The phrase “Big Brother is watching you” has turned into such a cliche that we can easily forget the bracing shock that it brought when George Orwell published 1984:
The flat was seven flights up, and Winston, who was thirty-nine and had a varicose ulcer above his right ankle, went slowly, resting several times on the way. On each landing, opposite the lift-shaft, the poster with the enormous face gazed from the wall. It was one of those pictures which are so contrived that the eyes follow you about when you move. BIG BROTHER IS WATCHING YOU, the caption beneath it ran.
It’s no longer conspiracy-mongering to say that we live in a surveillance state. Cameras are everywhere, and we’re already aware of how much information about ourselves our smartphones transmit.
So is it surprising that new documents have revealed that the CIA is spying on Americans, often without warrants?
BREAKING: Newly declassified documents reveal that the CIA has been secretly conducting massive surveillance programs that capture Americans’ private information.
— ACLU (@ACLU) February 11, 2022
Two senators are now asking for “new transparency about bulk surveillance conducted by the Central Intelligence Agency” after declassified documents have come to light.
In April 2021, Sens. Ron Wyden, (D-Ore.) and Martin Heinrich (D-N.M.) requested declassification of a report from the Privacy and Civil Liberties Oversight Board about a bulk collection program that the CIA conducted under Executive Order 12333 rather than as the result of legislation.
Interestingly enough, Executive Order 12333 dates back to the Reagan administration and states that “All reasonable and lawful means must be used to ensure that the United States will receive the best intelligence available.”
However, as Wyden and Heinrich noted in their request for declassification, the CIA surveillance took place “entirely outside the statutory framework that Congress and the public believe govern this collection, and without any of the judicial, congressional or even executive branch oversight that comes from [Foreign Intelligence Surveillance Act] collection.”
The CIA declassified the information that Wyden and Heinrich requested with a preface that reads in part:
All of CIA’s intelligence activities must be properly authorized, and the collection, retention, or dissemination of information considering United States persons may only be conducted pursuant to specific procedures approved by the Director of the CIA and the Attorney General. While the protection of national security requires that many of the CIA’s intelligence activities remain secret, in order to improve public understanding and trust and to allow the public to hold CIA accountable, CIA has released its procedures for protecting Americans’ personal information and has provided an extensive explanation of the authorizations and limitations regarding such information.
In response to the report, Wyden and Heinrich noted that “what these documents demonstrate is that many of the same concerns that Americans have about their privacy and civil liberties also apply to how the CIA collects and handles information under executive order and outside the FISA law.
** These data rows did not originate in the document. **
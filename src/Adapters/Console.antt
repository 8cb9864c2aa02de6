-- ===== src/Adapters/Console.antt =====
-- The commands of src/adapters/mercadolibre.py, and the URL that starts the authorization.
pub mod Stored
use Prim.Native.Char.{Char, char, code}
use Prim.Native.String.{[], ◌∷◌}
use retail_order_sync_hub.Base.{
  ℕ, zero, suc, ◌+◌, ◌/◌, ◌%◌, String, ◌==◌, string_eq, Bool, true, false, ◌&&◌, ◌||◌, Option, none,
  some, List, [], ◌∷◌, ◌++◌, cat, strip, eqb, leb, ltb, if◌then◌else◌,
}
use retail_order_sync_hub.Json.{Value}
use retail_order_sync_hub.Config.{Settings}
use retail_order_sync_hub.Services.{Runtime, outside}
use retail_order_sync_hub.World.{World}
use retail_order_sync_hub.Exec.{Exec, pure, ◌>>=◌, ◌>>◌}
use retail_order_sync_hub.Adapters.Http.{Http, Seconds}
use retail_order_sync_hub.Adapters.OAuth.{exchange_code}
use retail_order_sync_hub.Adapters.MercadoLibre.{get_user}

-- The bytes of a character in UTF-8.
abbrev utf8 : ℕ → List ℕ
utf8 n =
    if ltb n 128
    then n ∷ []
    else if ltb n 2048
    then (192 + n / 64) ∷ (128 + n % 64) ∷ []
    else if ltb n 65536
    then (224 + n / 4096) ∷ (128 + n / 64 % 64) ∷ (128 + n % 64) ∷ []
    else (240 + n / 262144) ∷ (128 + n / 4096 % 64) ∷ (128 + n / 64 % 64) ∷ (128 + n % 64) ∷ []

abbrev between : ℕ → ℕ → ℕ → Bool
between lo hi n = leb lo n && leb n hi

-- Letters, digits and `_.-~` stay in a query.
abbrev is_safe : ℕ → Bool
is_safe n =
    between 48 57 n
    || between 65 90 n
    || between 97 122 n
    || eqb n 95
    || eqb n 46
    || eqb n 45
    || eqb n 126

-- The character at a place in a text.
unfoldable pub char_at : ℕ → String → String
char_at n [] = ""
char_at zero (c ∷ s) = c ∷ ""
char_at (suc n) (c ∷ s) = char_at n s

abbrev hex_digits : String
hex_digits = "0123456789ABCDEF"

-- %XX
unfoldable pub escaped : List ℕ → String
unfolding char_at
escaped [] = ""
escaped (b ∷ bs) =
    cat ("%" ∷ char_at (b / 16) hex_digits ∷ char_at (b % 16) hex_digits ∷ escaped bs ∷ [])

abbrev quoted : Char → String
quoted c =
    if is_safe (code c) then c ∷ "" else if eqb (code c) 32 then "+" else escaped (utf8 (code c))

-- `quote_plus` of urllib.parse
unfoldable pub quote_plus : String → String
unfolding escaped
quote_plus [] = ""
quote_plus (c ∷ s) = cat (quoted c ∷ quote_plus s ∷ [])

abbrev pair : String × String → String
pair (k, v) = cat (quote_plus k ∷ "=" ∷ quote_plus v ∷ [])

-- `urlencode` of urllib.parse, of a dict of texts
unfoldable pub urlencode : List (String × String) → String
unfolding quote_plus
urlencode [] = ""
urlencode (p ∷ []) = pair p
urlencode (p ∷ q ∷ ps) = cat (pair p ∷ "&" ∷ urlencode (q ∷ ps) ∷ [])

-- if state: params["state"] = state
abbrev state_param : Option String → List (String × String)
state_param none = []
state_param (some state) = if state == "" then [] else ("state", state) ∷ []

unfoldable pub authorization_url : Settings → Option String → String
unfolding urlencode
authorization_url settings state = cat (
    settings.ml_auth_base
    ∷ "/authorization?"
    ∷ urlencode (
        ("response_type", "code")
        ∷ ("client_id", settings.ml_client_id)
        ∷ ("redirect_uri", settings.ml_redirect_uri)
        ∷ state_param state)
    ∷ [])

-- The terminal: `input`, with its prompt, after what is printed before it.
pub record Terminal (E : Type 0) : Type 0 where
  pub input : List String → String → Exec E String

pub data Command : Type 0 where
  auth_command get_user_command : Command

module _ {E : Type 0} (rt : Runtime) (http : Http E) (seconds : Seconds) (terminal : Terminal E)
    (settings : Settings) where
  -- What follows the code that is pasted, stripped.
  unfoldable pub exchange_pasted : String → Exec (World E) ℕ
  exchange_pasted pasted =
      if pasted == ""
      then pure 1
      else (do token ← exchange_code rt http seconds settings pasted; pure 0)

  -- `_cmd_auth`
  unfoldable pub cmd_auth : Exec (World E) ℕ
  unfolding exchange_pasted outside authorization_url
  cmd_auth = if settings.ml_client_id == "" then pure 1 else (do
    line ← outside (
        terminal.input
          ("1) Open this URL, log in with your sandbox user and authorize:\n"
            ∷ cat ("   " ∷ authorization_url settings none ∷ "\n" ∷ [])
            ∷ "2) You'll be redirected to your redirect_uri with ?code=... in the URL."
            ∷ [])
          "3) Paste the code here: ")
    exchange_pasted (strip line))

  -- `_cmd_get_user`
  unfoldable pub cmd_get_user : Exec (World E) ℕ
  cmd_get_user = do user ← get_user rt http seconds settings; pure 0

  -- `main`
  unfoldable pub run_command : Command → Exec (World E) ℕ
  unfolding cmd_auth cmd_get_user
  run_command auth_command = cmd_auth
  run_command get_user_command = cmd_get_user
In particular, these documents reveal serious problems associated with warrantless backdoor searches of Americans, the same issue that has generated bipartisan concern in the FISA context.”
As a result of what they’ve discovered in the report, Wyden and Heinrichs are calling for an increased level of transparency from the CIA. As much as it pains me to agree with two Democrat senators and the ACLU, they’re right when they say that “This invasion of our privacy must stop.”